My dentist has any number of tools he (or his assistant) rolls out. Many of them look identical to me (except that some have mirrors and others just have those horribly jaggy ends that look like misshapen paper clips), yet I am assured that each one is quite different, is able to get at different angles and parts of my mouth, and is designed to do a specific job in ways that lead to overall better oral health. I try not to spend much time looking at them, as I am basically a coward. This is despite the fact that I would recommend my dentist without reservation to anyone on the face of the planet.

Similarly, when seeking to create societal health, there are a lot of scary words out there that sound very similar and that few people want to look closely at. In fact, most people would like to just lump them all together under some general label like “being politically correct”–often accompanied with eye rolling, air quotes, or the like–and I believe it is out of the same family of fear that makes me not want to look at my dentist’s implements.

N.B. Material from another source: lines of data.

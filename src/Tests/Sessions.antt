-- ===== src/Tests/Sessions.antt =====
-- Lines, sessions and names at concrete inputs.
use itertk.Base.{◌⊎◌, ◌≡◌, refl, true, false, none, some, [], ◌∷◌, ◌+◌, ◌*◌, ◌-◌, arith, replicate}
use itertk.Conf.{with_address, ConfiData, ConfigCom, ConfigSession}
use itertk.Client.Uart.{is_good_uart, is_good_bps}
use itertk.Com.{Termios, TtyResult, set_tty}
use itertk.Com.Line.{line_of, set_tty-good}
use itertk.Mode.{ModeConfig, Arrivals, closed, mode_step, server_turn, in_use}
use itertk.Mode.Sockets.{
  all_closed, NoneInUse, session_change_closes, fail_times, run_turns, accept_errors_block,
}
use itertk.Client.Dns.{resolve, resolve_loop, dns_packet, change_dn, change_dn_loop}
use itertk.Client.Dns.Lookup.{ip_check, ip_loop, Resolver, dns_resolution}
use itertk.Client.Link.{Attempt, attempt_result}
use itertk.Client.Link.Connect.{
  Connecting, Polled, Calls, IsAttempt, Crashes, client_connect_server,
  client_connect_server-attempt_result,
}
use itertk.Client.Dns.Resolution.{dns_resolution-resolve}
use itertk.Tests.{demo, frame, demo_conf}

abbrev port : ConfigCom
port = record {
  id = 1;
  bps = 9600;
  sbit = 1;
  dbit = 8;
  chk = 3;
  bctrl = 0;
  rts = 0;
  dtr = 0;
  all = 0;
  type = 0;
  isloop = 0;
  rsvd = [];
  alive = 0;
}

abbrev line : Termios
line = record {
  speed = 1200;
  csize = some 7;
  parenb = true;
  parodd = true;
  inpck_istrip = true;
  cstopb = true;
  clocal_cread = false;
  icanon_echo_isig = true;
  opost = true;
  vtime = 3;
  vmin = 1;
}

set_tty-good_example : set_tty true 5 line 9600 8 3 1 ≡ (TtyResult.set_line, line_of 9600 port)
unfolding is_good_uart is_good_bps
set_tty-good_example = set_tty-good 5 line port (omega arith) refl

abbrev served : ConfigSession
served = record {
  protocol = 2;
  ip = 7;
  lport = 4000;
  dport = 0;
  conn = 0;
  dis_conn = 0;
  time_out = 30;
  max_num = 6;
  rsvd = replicate 4 0;
}

abbrev moved : ConfigSession
moved = record served { lport = 4001 }

-- listening on 8, with two connections
abbrev listening : ModeConfig
listening = record { fd = some 8; sfd = some 9 ∷ some 0 ∷ some 10 ∷ []; working = some served }

abbrev quiet : Arrivals
quiet = record { opened = none; accepted = some (some 12); received = λ n. none }

session_change_closes_example :
    ((mode_step 1 moved quiet listening).1
      ≡ closed (some 8) ∷ all_closed (in_use (some 9 ∷ some 0 ∷ some 10 ∷ [])))
    × ((mode_step 1 moved quiet listening).0.working ≡ none)
    × NoneInUse (mode_step 1 moved quiet listening).0.sfd
session_change_closes_example = session_change_closes 1 moved served quiet listening refl refl

abbrev fresh : ModeConfig
fresh = record listening { sfd = replicate 6 (some 0) }

accept_errors_block_example :
    ((run_turns (quiet ∷ []) (fail_times 6 fresh)).sfd ≡ replicate 6 none)
    × (server_turn quiet (run_turns (quiet ∷ []) (fail_times 6 fresh))
        ≡ (run_turns (quiet ∷ []) (fail_times 6 fresh), closed (some 12) ∷ []))
accept_errors_block_example = accept_errors_block 6 fresh (quiet ∷ []) quiet (some 12) refl refl

abbrev dialling : ModeConfig
dialling = record { fd = some 20; sfd = []; working = none }

abbrev dialled_session : ConfigSession
dialled_session = record served { protocol = 1 }

-- every name resolves to 10.0.0.7 by the first record behind the query
abbrev pub demo_resolver : Resolver
demo_resolver = record {
  host = λ s. none;
  ask = λ n p. (
    (λ k. frame (192 ∷ 12 ∷ 0 ∷ 1 ∷ 0 ∷ 1 ∷ 0 ∷ 0 ∷ 0 ∷ 9 ∷ 0 ∷ 4 ∷ 10 ∷ 0 ∷ 0 ∷ 7 ∷ []) (k - p.0)),
    p.0 + 16,
  );
  uninit_name = λ k. 3;
  uninit_packet = λ k. 4;
}

-- the server is named, and the first name server is 10.0.0.1
abbrev named : ConfiData
named = record demo_conf {
  con_net = record demo_conf.con_net { dns = 16777226 ∷ 0 ∷ [] };
  con_server = record { server_ip = 1; server_port = 4000; dns_str = 97 ∷ 46 ∷ 98 ∷ [] };
}

dns_resolution-resolve_example :
    dns_resolution demo_resolver (97 ∷ 46 ∷ 98 ∷ []) named
    ≡ some (true, with_address named (10 + 0 * 256 + 0 * 65536 + 7 * 16777216))
unfolding ip_check ip_loop resolve resolve_loop dns_packet change_dn change_dn_loop
dns_resolution-resolve_example =
    dns_resolution-resolve demo_resolver (97 ∷ 46 ∷ 98 ∷ []) named 97 (46 ∷ 98 ∷ []) 16777226
      (record { part_1 = 10; part_2 = 0; part_3 = 0; part_4 = 7 }) refl refl refl refl (omega arith)
      (omega arith) (omega arith) (omega arith)

-- gethostbyname gives an address back
abbrev knowing : Resolver
knowing = record demo_resolver { host = λ s. some s }

abbrev connects : Calls
connects = record {
  nonblocking = true;
  connecting = Connecting.in_progress;
  polled = Polled.ready false;
  socket_error = some 0;
}

client_connect_server-attempt_result_example :
    ((a : Attempt) × IsAttempt knowing (some 8) connects (record demo { conf = named }) a
      × (client_connect_server knowing (some 8) connects (record demo { conf = named })
          ≡ some (attempt_result (record demo { conf = named }) a)))
    ⊎ (Crashes knowing (some 8) named.con_server.dns_str
        × (client_connect_server knowing (some 8) connects (record demo { conf = named }) ≡ none))
client_connect_server-attempt_result_example =
    client_connect_server-attempt_result knowing (some 8) connects (record demo { conf = named })
      16777226 refl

What I want to do here is to begin rolling out and explaining the different words-as-tools in addressing oppression and social justice. What I offer am offering is a discussion of terms as I understand them and have been working with them. My discussion is neither exhaustive nor normative, but I believe I can offer some reasons why none of these words are exact synonyms and how each comes at different angles to ensure that we can cover as much of the pockets of disease, social cavities, and infected roots that continue to plague our social health and wellness.

In this first post of this Glossary Series, I’m rolling out terms that all name particular ways in which females have been and continue to be (mis)treated. This is a a starter list only, with more to follow.

The three words I want us to consider–and distinguish from one another–are these: misogyny, sexism, and patriarchalism.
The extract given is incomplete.